## WHAT YOU ARE ASKED TO DO
Reproduce each line of the data exactly as it is.

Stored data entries
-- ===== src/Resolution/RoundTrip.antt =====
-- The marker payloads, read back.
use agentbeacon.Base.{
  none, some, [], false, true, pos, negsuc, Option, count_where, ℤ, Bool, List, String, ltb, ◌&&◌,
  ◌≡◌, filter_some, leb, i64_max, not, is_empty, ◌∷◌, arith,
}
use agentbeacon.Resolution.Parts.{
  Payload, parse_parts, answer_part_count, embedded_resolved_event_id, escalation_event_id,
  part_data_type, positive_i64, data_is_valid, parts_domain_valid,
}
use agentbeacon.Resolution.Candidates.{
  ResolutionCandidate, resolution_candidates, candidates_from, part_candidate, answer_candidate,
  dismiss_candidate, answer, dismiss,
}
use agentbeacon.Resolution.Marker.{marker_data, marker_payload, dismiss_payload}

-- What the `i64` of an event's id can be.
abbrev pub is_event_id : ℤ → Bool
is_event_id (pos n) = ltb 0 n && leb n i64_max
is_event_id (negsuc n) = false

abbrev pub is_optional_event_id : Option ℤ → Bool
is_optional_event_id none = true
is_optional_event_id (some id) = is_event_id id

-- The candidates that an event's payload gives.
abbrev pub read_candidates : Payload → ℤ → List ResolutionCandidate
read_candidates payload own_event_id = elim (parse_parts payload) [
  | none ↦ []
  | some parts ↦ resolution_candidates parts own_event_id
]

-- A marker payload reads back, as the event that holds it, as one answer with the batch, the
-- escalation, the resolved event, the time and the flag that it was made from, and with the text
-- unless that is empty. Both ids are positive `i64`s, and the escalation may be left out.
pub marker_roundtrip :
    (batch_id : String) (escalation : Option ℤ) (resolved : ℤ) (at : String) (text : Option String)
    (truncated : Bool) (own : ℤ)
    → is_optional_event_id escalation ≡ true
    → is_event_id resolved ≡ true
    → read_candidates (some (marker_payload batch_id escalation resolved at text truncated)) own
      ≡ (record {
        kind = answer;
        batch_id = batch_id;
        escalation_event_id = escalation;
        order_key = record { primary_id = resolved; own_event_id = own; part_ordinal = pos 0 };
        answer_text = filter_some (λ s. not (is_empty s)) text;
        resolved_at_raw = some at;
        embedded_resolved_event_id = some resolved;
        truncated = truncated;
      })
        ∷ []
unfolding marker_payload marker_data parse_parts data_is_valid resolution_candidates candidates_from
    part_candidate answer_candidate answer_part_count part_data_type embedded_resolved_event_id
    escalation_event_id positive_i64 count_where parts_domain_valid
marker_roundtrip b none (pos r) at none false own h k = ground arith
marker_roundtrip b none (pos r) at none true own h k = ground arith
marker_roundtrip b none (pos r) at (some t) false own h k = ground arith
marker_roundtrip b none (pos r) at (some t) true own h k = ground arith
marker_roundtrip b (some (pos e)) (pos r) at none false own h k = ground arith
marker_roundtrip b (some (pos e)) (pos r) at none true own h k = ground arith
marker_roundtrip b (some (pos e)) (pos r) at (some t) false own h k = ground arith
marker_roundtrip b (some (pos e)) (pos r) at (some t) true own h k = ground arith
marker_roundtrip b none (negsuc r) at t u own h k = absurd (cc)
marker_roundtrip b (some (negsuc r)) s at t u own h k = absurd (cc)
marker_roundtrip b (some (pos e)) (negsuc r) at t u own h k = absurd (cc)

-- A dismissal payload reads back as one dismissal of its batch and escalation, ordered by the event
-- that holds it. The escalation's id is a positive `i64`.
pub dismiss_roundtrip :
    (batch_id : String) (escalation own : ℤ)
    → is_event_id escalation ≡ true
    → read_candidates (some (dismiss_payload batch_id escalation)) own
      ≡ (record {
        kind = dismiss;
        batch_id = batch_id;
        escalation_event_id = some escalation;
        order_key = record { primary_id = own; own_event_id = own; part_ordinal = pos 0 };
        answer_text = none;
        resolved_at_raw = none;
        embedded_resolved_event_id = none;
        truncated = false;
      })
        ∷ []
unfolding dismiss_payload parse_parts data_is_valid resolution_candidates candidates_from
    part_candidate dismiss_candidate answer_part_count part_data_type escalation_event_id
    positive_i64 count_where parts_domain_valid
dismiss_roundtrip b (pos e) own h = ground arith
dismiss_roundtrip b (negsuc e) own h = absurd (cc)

## YOUR SOLUTION
-- ===== src/Resolution/RoundTrip.antt =====
-- The marker payloads, read back.
use agentbeacon.Base.{
  none, some, [], false, true, pos, negsuc, Option, count_where, ℤ, Bool, List, String, ltb, ◌&&◌,
  ◌≡◌, filter_some, leb, i64_max, not, is_empty, ◌∷◌, arith,
}
use agentbeacon.Resolution.Parts.{
  Payload, parse_parts, answer_part_count, embedded_resolved_event_id, escalation_event_id,
  part_data_type, positive_i64, data_is_valid, parts_domain_valid,
}
use agentbeacon.Resolution.Candidates.{
  ResolutionCandidate, resolution_candidates, candidates_from, part_candidate, answer_candidate,
  dismiss_candidate, answer, dismiss,
}
use agentbeacon.Resolution.Marker.{marker_data, marker_payload, dismiss_payload}

-- What the `i64` of an event's id can be.
abbrev pub is_event_id : ℤ → Bool
is_event_id (pos n) = ltb 0 n && leb n i64_max
is_event_id (negsuc n) = false

abbrev pub is_optional_event_id : Option ℤ → Bool
is_optional_event_id none = true
is_optional_event_id (some id) = is_event_id id

-- The candidates that an event's payload gives.
abbrev pub read_candidates : Payload → ℤ → List ResolutionCandidate
read_candidates payload own_event_id = elim (parse_parts payload) [
  | none ↦ []
  | some parts ↦ resolution_candidates parts own_event_id
]

-- A marker payload reads back, as the event that holds it, as one answer with the batch, the
-- escalation, the resolved event, the time and the flag that it was made from, and with the text
-- unless that is empty. Both ids are positive `i64`s, and the escalation may be left out.
pub marker_roundtrip :
    (batch_id : String) (escalation : Option ℤ) (resolved : ℤ) (at : String) (text : Option String)
    (truncated : Bool) (own : ℤ)
    → is_optional_event_id escalation ≡ true
    → is_event_id resolved ≡ true
    → read_candidates (some (marker_payload batch_id escalation resolved at text truncated)) own
      ≡ (record {
        kind = answer;
        batch_id = batch_id;
        escalation_event_id = escalation;
        order_key = record { primary_id = resolved; own_event_id = own; part_ordinal = pos 0 };
        answer_text = filter_some (λ s. not (is_empty s)) text;
        resolved_at_raw = some at;
        embedded_resolved_event_id = some resolved;
        truncated = truncated;
      })
        ∷ []
unfolding marker_payload marker_data parse_parts data_is_valid resolution_candidates candidates_from
    part_candidate answer_candidate answer_part_count part_data_type embedded_resolved_event_id
    escalation_event_id positive_i64 count_where parts_domain_valid
marker_roundtrip b none (pos r) at none false own h k = ground arith
marker_roundtrip b none (pos r) at none true own h k = ground arith
marker_roundtrip b none (pos r) at (some t) false own h k = ground arith
marker_roundtrip b none (pos r) at (some t) true own h k = ground arith
marker_roundtrip b (some (pos e)) (pos r) at none false own h k = ground arith
marker_roundtrip b (some (pos e)) (pos r) at none true own h k = ground arith
marker_roundtrip b (some (pos e)) (pos r) at (some t) false own h k = ground arith
marker_roundtrip b (some (pos e)) (pos r) at (some t) true own h k = ground arith
marker_roundtrip b none (negsuc r) at t u own h k = absurd (cc)
marker_roundtrip b (some (negsuc r)) s at t u own h k = absurd (cc)
marker_roundtrip b (some (pos e)) (negsuc r) at t u own h k = absurd (cc)

-- A dismissal payload reads back as one dismissal of its batch and escalation, ordered by the event
-- that holds it. The escalation's id is a positive `i64`.
pub dismiss_roundtrip :
    (batch_id : String) (escalation own : ℤ)
    → is_event_id escalation ≡ true
    → read_candidates (some (dismiss_payload batch_id escalation)) own
      ≡ (record {
        kind = dismiss;
        batch_id = batch_id;
        escalation_event_id = some escalation;
        order_key = record { primary_id = own; own_event_id = own; part_ordinal = pos 0 };
        answer_text = none;
        resolved_at_raw = none;
        embedded_resolved_event_id = none;
        truncated = false;
      })
        ∷ []
unfolding dismiss_payload parse_parts data_is_valid resolution_candidates candidates_from
    part_candidate dismiss_candidate answer_part_count part_data_type escalation_event_id
    positive_i64 count_where parts_domain_valid
dismiss_roundtrip b (pos e) own h = ground arith
dismiss_roundtrip b (negsuc e) own h = absurd (cc)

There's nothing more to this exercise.